O ano de Lisboa
Um tipo às vezes perde-se. E então se tem como profilático
involuntário o ordenar palavras, pior ainda. Mais fácil para quem se liberta ou
está habituado ao peso dos dias, por vontade, profissão ou ambos. Mas para os
amadores, os cronistas diletantes – leia-se “os que não são pagos” – o dilema
agiganta-se: tanta coisa que acontece ( que os não-especialistas despacham com
a palavra ‘ vida’) e apesar de sabermos que não vale a pena, que ninguém quer
saber porque toda a gente sabe, os palermas insistem porque podem e têm um
blogue.
É dessa teimosia que mistura terapia com dumping que
nasceram estas crónicas lacónicas. Pequenos instantâneos que não pretendem mais
nada do que descrevê-los, sem mensagem ou moral adjacente. Está bem, pronto: é mentira.
A mera escolha das situações que servem de motivo a uma crónica implica sempre uma visão do mundo que se pretende
partilhar. No limite, seja através dos recursos que convoca – o humor, a
indignação, a análise rigorosa, a auto-depreciação, a doutrina ideológica e
mais – o cronista só quer uma coisa: ter razão, nem que seja apenas no momento
em que o leiam. Todas as reacções que provocar, boas ou más, são sinais de que
a coisa correu bem. O pior para quem escreve – e digo eu, para quem vive – é inspirar
a indiferença. Um flagelo tão próximo e comum que atinge tão depressa os que
mostram uma indignação previsível como os que tentam desesperadamente
transmitir um tédio artificial sobre tudo o que mexe, uma espécie de colchão
patético para atenuar a realidade. Mas chega de falar de mim.

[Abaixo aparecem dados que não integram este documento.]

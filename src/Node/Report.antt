-- ===== src/Node/Report.antt =====
-- node/user.go: reportUserTrafficTask. The traffic that the core answers is an argument. What the
-- panel is told is part of the result; its answers are only logged.
pub mod Online
use ccaa.Base.{
  ℤ, pos, ltb_ℤ, wrap64, scale, String, int_eq, List, [], ◌∷◌, ◌++◌, Option, none, some, Assoc,
  load, store, if◌then◌else◌, is_some, Bool,
}
use ccaa.Panel.User.{OnlineUser, UserTraffic}
use ccaa.Counter.{add64}
use ccaa.Limiter.{Limiter}
use ccaa.Limiter.Online.{get_online_device}

-- An absent key of a `map[int][]string` reads as no addresses.
abbrev pub or_empty : Option (List String) → List String
or_empty none = []
or_empty (some ips) = ips

-- The traffic of one user is below the bound, which is given in kB.
abbrev pub is_low : ℤ → UserTraffic → Bool
is_low min_kb t = ltb_ℤ (add64 t.upload t.download) (wrap64 (scale 1_000 min_kb))

-- The loop over the traffic, which collects the users not to be counted.
unfoldable pub low_traffic : ℤ → List UserTraffic → Assoc ℤ (Unit {0}) → Assoc ℤ (Unit {0})
low_traffic min_kb [] nocount = nocount
low_traffic min_kb (t ∷ ts) nocount =
    low_traffic min_kb ts (if is_low min_kb t then store t.uid tt nocount else nocount)

-- The loop over the online devices.
unfoldable pub keep_counted : Assoc ℤ (Unit {0}) → List OnlineUser → List OnlineUser
keep_counted nocount [] = []
keep_counted nocount (o ∷ os) =
    let rest = keep_counted nocount os in if is_some (load o.uid nocount) then rest else o ∷ rest

-- The loop that collects the addresses of each user.
unfoldable pub group_ips : List OnlineUser → Assoc ℤ (List String) → Assoc ℤ (List String)
group_ips [] by_uid = by_uid
group_ips (o ∷ os) by_uid =
    group_ips os (store o.uid (or_empty (load o.uid by_uid) ++ (o.ip ∷ [])) by_uid)

-- What is sent to the panel: `none` is no request.
pub record Sent : Type 0 where
  pub user_traffic : Option (List UserTraffic)
  pub online_users : Option (Assoc ℤ (List String))

abbrev pub sent_traffic : List UserTraffic → Option (List UserTraffic)
sent_traffic [] = none
sent_traffic (t ∷ ts) = some (t ∷ ts)

abbrev pub sent_online : ℤ → List UserTraffic → List OnlineUser → Option (Assoc ℤ (List String))
sent_online min_kb ts [] = none
sent_online min_kb ts (o ∷ os) =
    some (group_ips (keep_counted (low_traffic min_kb ts []) (o ∷ os)) [])

unfoldable pub report_user_traffic_task :
    {R B : Type 0} → ℤ → List UserTraffic → Limiter R B → Limiter R B × Sent
report_user_traffic_task min_kb ts l =
    let (m, online) = get_online_device l in
    (m, record { user_traffic = sent_traffic ts; online_users = sent_online min_kb ts online })
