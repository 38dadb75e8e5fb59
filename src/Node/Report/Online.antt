-- ===== src/Node/Report/Online.antt =====
-- Which addresses reportUserTrafficTask tells the panel.
use ccaa.Base.{
  ℤ, ◌+ℤ◌, ltb_ℤ, wrap64, scale, ◌≡◌, refl, sym, String, int_eq, Bool, false, ◌||◌, List, [], ◌∷◌,
  ◌++◌, Option, none, some, Assoc, load, store, load-store, ◌==◌, if◌then◌else◌, is_some, arith,
  inl, inr, int_beq_iff, ◌&&◌, ◌⊎◌,
}
use mathlib.Core.List.{append_assoc, append-nil}
use ccaa.Panel.User.{OnlineUser, UserTraffic}
use ccaa.Counter.{add64}
use ccaa.Limiter.{Limiter}
use ccaa.Limiter.Online.{get_online_device}
use ccaa.Node.Report.{
  or_empty, is_low, low_traffic, keep_counted, group_ips, sent_online, report_user_traffic_task,
}

-- Up and down together, in 64 bits, it is less traffic than the bound in thousands of bytes.
abbrev pub is_little : ℤ → UserTraffic → Bool
is_little min_kb t = ltb_ℤ (wrap64 (t.upload +ℤ t.download)) (wrap64 (scale 1_000 min_kb))

is_low-little : (min_kb : ℤ) (t : UserTraffic) → is_low min_kb t ≡ is_little min_kb t
unfolding add64
is_low-little min_kb t = refl

-- Some entry of the user has so little traffic.
abbrev pub has_low : ℤ → ℤ → List UserTraffic → Bool
has_low min_kb v [] = false
has_low min_kb v (t ∷ ts) = (is_little min_kb t && t.uid == v) || has_low min_kb v ts

abbrev pub ips_of : ℤ → List OnlineUser → List String
ips_of v [] = []
ips_of v (o ∷ os) = let rest = ips_of v os in if o.uid == v then o.ip ∷ rest else rest

-- The addresses of a user in a request.
abbrev pub told : ℤ → Option (Assoc ℤ (List String)) → List String
told v none = []
told v (some by_uid) = or_empty (load v by_uid)

low_traffic-has :
    (min_kb v : ℤ) (ts : List UserTraffic) (nocount : Assoc ℤ (Unit {0}))
    → is_some (load v (low_traffic min_kb ts nocount))
      ≡ (has_low min_kb v ts || is_some (load v nocount))
unfolding low_traffic
low_traffic-has min_kb v [] nocount = refl
low_traffic-has min_kb v (t ∷ ts) nocount = ground (
  arith,
  is_low-little min_kb t,
  low_traffic-has min_kb v ts nocount,
  low_traffic-has min_kb v ts (store t.uid tt nocount),
  load-store t.uid v tt nocount,
)

ips_of-keep_counted :
    (v : ℤ) (nocount : Assoc ℤ (Unit {0})) (os : List OnlineUser)
    → ips_of v (keep_counted nocount os) ≡ (if is_some (load v nocount) then [] else ips_of v os)
unfolding keep_counted
ips_of-keep_counted v nocount [] = ground arith
ips_of-keep_counted v nocount (o ∷ os) =
    ground (arith, ips_of-keep_counted v nocount os, int_beq_iff o.uid v)

group_ips-told :
    (v : ℤ) (os : List OnlineUser) (by_uid : Assoc ℤ (List String))
    → or_empty (load v (group_ips os by_uid)) ≡ or_empty (load v by_uid) ++ ips_of v os
unfolding group_ips
group_ips-told v [] by_uid = sym (append-nil (or_empty (load v by_uid)))
group_ips-told v (o ∷ os) by_uid =
    let entry = or_empty (load o.uid by_uid) ++ (o.ip ∷ []) in
    ground (
      arith,
      group_ips-told v os (store o.uid entry by_uid),
      load-store o.uid v entry by_uid,
      append_assoc (or_empty (load o.uid by_uid)) (o.ip ∷ []) (ips_of v os),
      int_beq_iff o.uid v,
    )

sent_online-told :
    (min_kb v : ℤ) (ts : List UserTraffic) (os : List OnlineUser)
    → told v (sent_online min_kb ts os) ≡ (if has_low min_kb v ts then [] else ips_of v os)
unfolding load
sent_online-told min_kb v ts [] = ground arith
sent_online-told min_kb v ts (o ∷ os) =
    let low = low_traffic min_kb ts [] in
    ground (
      arith,
      group_ips-told v (keep_counted low (o ∷ os)) [],
      ips_of-keep_counted v low (o ∷ os),
      low_traffic-has min_kb v ts [],
    )

-- The task tells the panel all traffic, if there is any, and of each user exactly the addresses that
-- were online, in the limiter's order, but none of a user of whom some traffic entry is below the
-- bound: upload and download together, in 64 bits, less than 1000 times DeviceOnlineMinTraffic. Of a
-- user without a traffic entry all addresses are told, whatever the bound. Afterwards the limiter has reported its devices.
pub report_user_traffic_task_lem :
    {R B : Type 0} (min_kb v : ℤ) (ts : List UserTraffic) (l : Limiter R B)
    → let (m, sent) = report_user_traffic_task min_kb ts l in
      (m ≡ (get_online_device l).0)
      × (told v sent.online_users
          ≡ (if has_low min_kb v ts then [] else ips_of v (get_online_device l).1))
      × ((sent.user_traffic ≡ some ts) ⊎ ((ts ≡ []) × (sent.user_traffic ≡ none)))
unfolding report_user_traffic_task
report_user_traffic_task_lem min_kb v [] l =
    (refl, sent_online-told min_kb v [] (get_online_device l).1, inr (refl, refl))
report_user_traffic_task_lem min_kb v (t ∷ ts) l =
    (refl, sent_online-told min_kb v (t ∷ ts) (get_online_device l).1, inl refl)
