-- ===== src/Node/Start.antt =====
-- node/controller.go: Start and Close of a controller; node/task.go: startTasks and SpeedChecker.
-- What the panel answers, the certificate's error and the clock are arguments.
pub mod Limits
pub mod Begun
pub mod Closed
mod Tests
use ccaa.Base.{
  ℕ, ◌/◌, ℤ, pos, negsuc, ◌+ℤ◌, leb_ℤ, wrap64, scale, String, nat_eq, string_eq, int_eq, str_append,
  Bool, true, false, not, ◌&&◌, ◌||◌, List, [], ◌∷◌, Option, none, some, Assoc, load, store, delete,
  ◌==◌, if◌then◌else◌, is_some, ◌⊎◌, inl, inr,
}
use ccaa.Panel.User.{UserInfo}
use ccaa.Panel.Node.{NodeInfo}
use ccaa.Limiter.Registry.{add_limiter, delete_limiter}
use ccaa.Limiter.Users.{update_dynamic_speed_limit}
use ccaa.Task.{Task, Outcome, ok, panics, new_task, start, close}
use ccaa.Core.Interface.{Core, Error}
use ccaa.Node.Controller.{Controller, build_node_tag, modify_limiter}
use ccaa.Node.Monitor.{Answers, or_old, is_nil, tls, set_rules, serve_users}

-- `Unix()` of the time that is some minutes after `now`, both in nanoseconds from the epoch on: the
-- product with `time.Minute` is a 64-bit one, and the seconds are rounded down.
abbrev pub unix : ℤ → ℤ
unix (pos n) = pos (n / 1_000_000_000)
unix (negsuc n) = negsuc (n / 1_000_000_000)

abbrev pub expires_at : ℤ → ℤ → ℤ
expires_at now minutes = unix (now +ℤ wrap64 (scale 60_000_000_000 minutes))

-- `fmt.Errorf` of the server's error, where there is one.
abbrev pub del_node_error : Error → Error
del_node_error none = none
del_node_error (some text) = some (str_append "del node error: " text)

-- Start returns an error, or nil, or the code panics.
pub data Started (A : Type 0) : Type 0 where
  fails starts : A → Started A
  breaks : Started A

-- The modes in which a certificate is not renewed.
abbrev pub keeps_cert : String → Bool
keeps_cert mode = (mode == "none" || mode == "") || (mode == "file" || mode == "self")

abbrev pub day : ℤ
day = pos 86_400_000_000_000

abbrev pub second : ℕ
second = 1_000_000_000

-- A task that there is none of is left alone; `none` is a panic.
abbrev pub after_close : Outcome → Option (Option Task)
after_close (ok u) = some (some u)
after_close panics = none

abbrev pub close_task : Option Task → Option (Option Task)
close_task none = some none
close_task (some t) = after_close (close t)

infixl 10 ◌>>=◌
abbrev pub ◌>>=◌ {ℓ κ} : {A : Type ℓ} {B : Type κ} → Option A → (A → Option B) → Option B
none >>= f = none
some a >>= f = f a

module _ {S X B R : Type 0} where
  -- The task of the dynamic speed limits is made, and the code goes no further with it.
  unfoldable pub start_tasks : NodeInfo → Controller S X B R → Controller S X B R
  start_tasks n c = record c {
    node_info_monitor_periodic = start false (new_task n.pull_interval);
    user_report_periodic = start false (new_task n.push_interval);
    renew_cert_periodic =
        if n.security == tls && not (keeps_cert c.config.cert_mode)
        then some (start true (new_task day))
        else c.renew_cert_periodic;
    traffic = if c.config.enable_dynamic_speed_limit then [] else c.traffic;
    dynamic_speed_limit_periodic =
        if c.config.enable_dynamic_speed_limit
        then some (new_task (wrap64 (scale second c.config.dynamic_periodic)))
        else c.dynamic_speed_limit_periodic;
  }

  -- The tag and the limiter, from the list of users and the devices alive.
  unfoldable pub make_limiter :
      NodeInfo → List UserInfo → Option (Assoc ℤ ℤ) → Controller S X B R → Controller S X B R
  make_limiter n users alive c =
      let tag = if c.config.name == "" then build_node_tag c.config.api_host n else c.config.name in
      let (r, g) = add_limiter tag c.config.speed_limit users (or_old [] alive) c.registry in
      record c { tag = tag; registry = g; limiter = r; user_list = users }

  -- A loop over the map of traffic. UpdateDynamicSpeedLimit's error is only logged. `now` is the
  -- time in nanoseconds.
  unfoldable pub limit_speeds : ℤ → Assoc String ℤ → Controller S X B R → Controller S X B R
  limit_speeds now [] c = c
  limit_speeds now ((u, t) ∷ ts) c = limit_speeds now ts (
      if leb_ℤ c.config.dynamic_traffic t
      then record c {
        registry =
            modify_limiter
              (λ l. or_old l (
                update_dynamic_speed_limit c.tag u c.config.dynamic_speed_limit
                  (expires_at now c.config.dynamic_expire_time) l))
              c.limiter c.registry;
        traffic = delete u c.traffic;
      }
      else c)

  unfoldable pub speed_checker : ℤ → Controller S X B R → Controller S X B R
  speed_checker now c = limit_speeds now c.traffic c

  -- The four tasks are closed, one after the other; `none` is the panic of a task.
  unfoldable pub close_tasks : Controller S X B R → Option (Controller S X B R)
  close_tasks c = do
    node_info_monitor ← close_task (some c.node_info_monitor_periodic)
    user_report ← close_task (some c.user_report_periodic)
    renew_cert ← close_task c.renew_cert_periodic
    dynamic_speed_limit ← close_task c.dynamic_speed_limit_periodic
    some (record c {
      node_info_monitor_periodic = or_old c.node_info_monitor_periodic node_info_monitor;
      user_report_periodic = or_old c.user_report_periodic user_report;
      renew_cert_periodic = renew_cert;
      dynamic_speed_limit_periodic = dynamic_speed_limit;
    })

module _ {S X B R : Type 0} (core : Core S R) where
  -- From AddNode on.
  unfoldable pub serve_node : NodeInfo → Controller S X B R → Started (Controller S X B R)
  serve_node n c =
      let (s, e) = core.add_node c.tag n c.config.options c.server in
      let (d, f) = serve_users core n c.user_list (record c { server = s }) in
      elim e [
        | some text ↦ fails (record c { server = s })
        | none ↦ elim f [
          | some text ↦ fails d
          | none ↦ starts (start_tasks n (record d { info = n }))
        ]
      ]

  -- With the node, a list of users that is not empty, and the devices alive.
  unfoldable pub set_up :
      (String → Option X)
      → Error
      → NodeInfo
      → List UserInfo
      → Option (Assoc ℤ ℤ)
      → Controller S X B R
      → Started (Controller S X B R)
  set_up compile cert n users alive c = elim (set_rules compile n (make_limiter n users alive c)) [
    | none ↦ breaks
    | some d ↦ if n.security == tls && is_some cert then fails d else serve_node n d
  ]

  -- Without a node the code panics, once the other answers are in.
  abbrev pub set_up_answered :
      (String → Option X)
      → Error
      → Option NodeInfo
      → List UserInfo
      → Option (Assoc ℤ ℤ)
      → Controller S X B R
      → Started (Controller S X B R)
  set_up_answered compile cert none users alive c = breaks
  set_up_answered compile cert (some n) users alive c = set_up compile cert n users alive c

  abbrev pub with_users :
      (String → Option X)
      → Error
      → Option NodeInfo
      → List UserInfo
      → String ⊎ Option (Assoc ℤ ℤ)
      → Controller S X B R
      → Started (Controller S X B R)
  with_users compile cert info [] alive c = fails (record c { user_list = [] })
  with_users compile cert info (u ∷ us) (inl error) c = fails (record c { user_list = u ∷ us })
  with_users compile cert info (u ∷ us) (inr alive) c =
      set_up_answered compile cert info (u ∷ us) alive c

  unfoldable pub start_controller :
      (String → Option X) → Error → Answers → Controller S X B R → Started (Controller S X B R)
  start_controller compile cert a c = elim a.new_node [
    | inl error ↦ fails c
    | inr node ↦ elim a.new_users [
      | inl error ↦ fails (record c { user_list = [] })
      | inr users ↦ with_users compile cert node (or_old [] users) a.new_alive c
    ]
  ]

  unfoldable pub close_controller : Controller S X B R → Option (Controller S X B R × Error)
  close_controller c = do
    d ← close_tasks (record c { registry = delete_limiter c.tag c.registry })
    let (s, e) = core.del_node d.tag d.server in some (record d { server = s }, del_node_error e)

Despachado o editorial, ao que interessa e que será o
formato futuro. O facto de Lisboa ser, ao que parece, uma cidade na moda em
2014 não só é merecido como tardio. Mas o verdadeiro lisboeta – ou o verdadeiro
parisiense ou o [colocar a cidade ou lugar apetecido] tem naturalmente uma
relação amor-ódio com os excelsos visitantes, porque a tem com a própria cidade
pelo simples facto de a amar. Por um estranho e maravilhoso paradoxo, quanto
mais amamos e vangloriamos o sítio onde vivemos mais desejamos que fosse um
segredo. Uma coisa só nossa, para maçar os amigos estrangeiros que nos ouvem em
reverência mas em que nós guardamos a
secreta esperança de que não divulguem a coisa. Sim, como esse restaurante
fabuloso no meio de nenhures ou a praia deserta a que só se tem acesso mediante
um curso de pára-quedismo.
Este ano trouxe a verdade: acabou. A cidade apareceu em
todas as revistas trendy; da mítica luz à tasca onde se confecciona o
melhor cozido à portuguesa a sensação do lisboeta é o mesmo híbrido: ‘claro que
isto é fabuloso mas quando é que se vão embora?’
Naturalmente tudo isto é irracional e injusto: todos os que
aqui vivem e elogiam a cidade são de repente os primeiros a não lidarem bem com
o que proclamaram. Tentamos apegarmo-nos ao que sabemos e vangloriamos; mas
depois passamos pelo engarrafamento de funâmbulos com canídeos no Chiado e
repensamos a coisa.
Há várias maneiras do lisboeta lidar com isto. A mais fácil e certa é a do reconhecimento:
Lisboa, com as suas mil aldeias miraculosamente unidas, começa a ser um
privilégio que a pouco e pouco é descoberto. Há que estar grato. Mas em rigor a
cidade ainda não está preparada para o que lhe aconteceu.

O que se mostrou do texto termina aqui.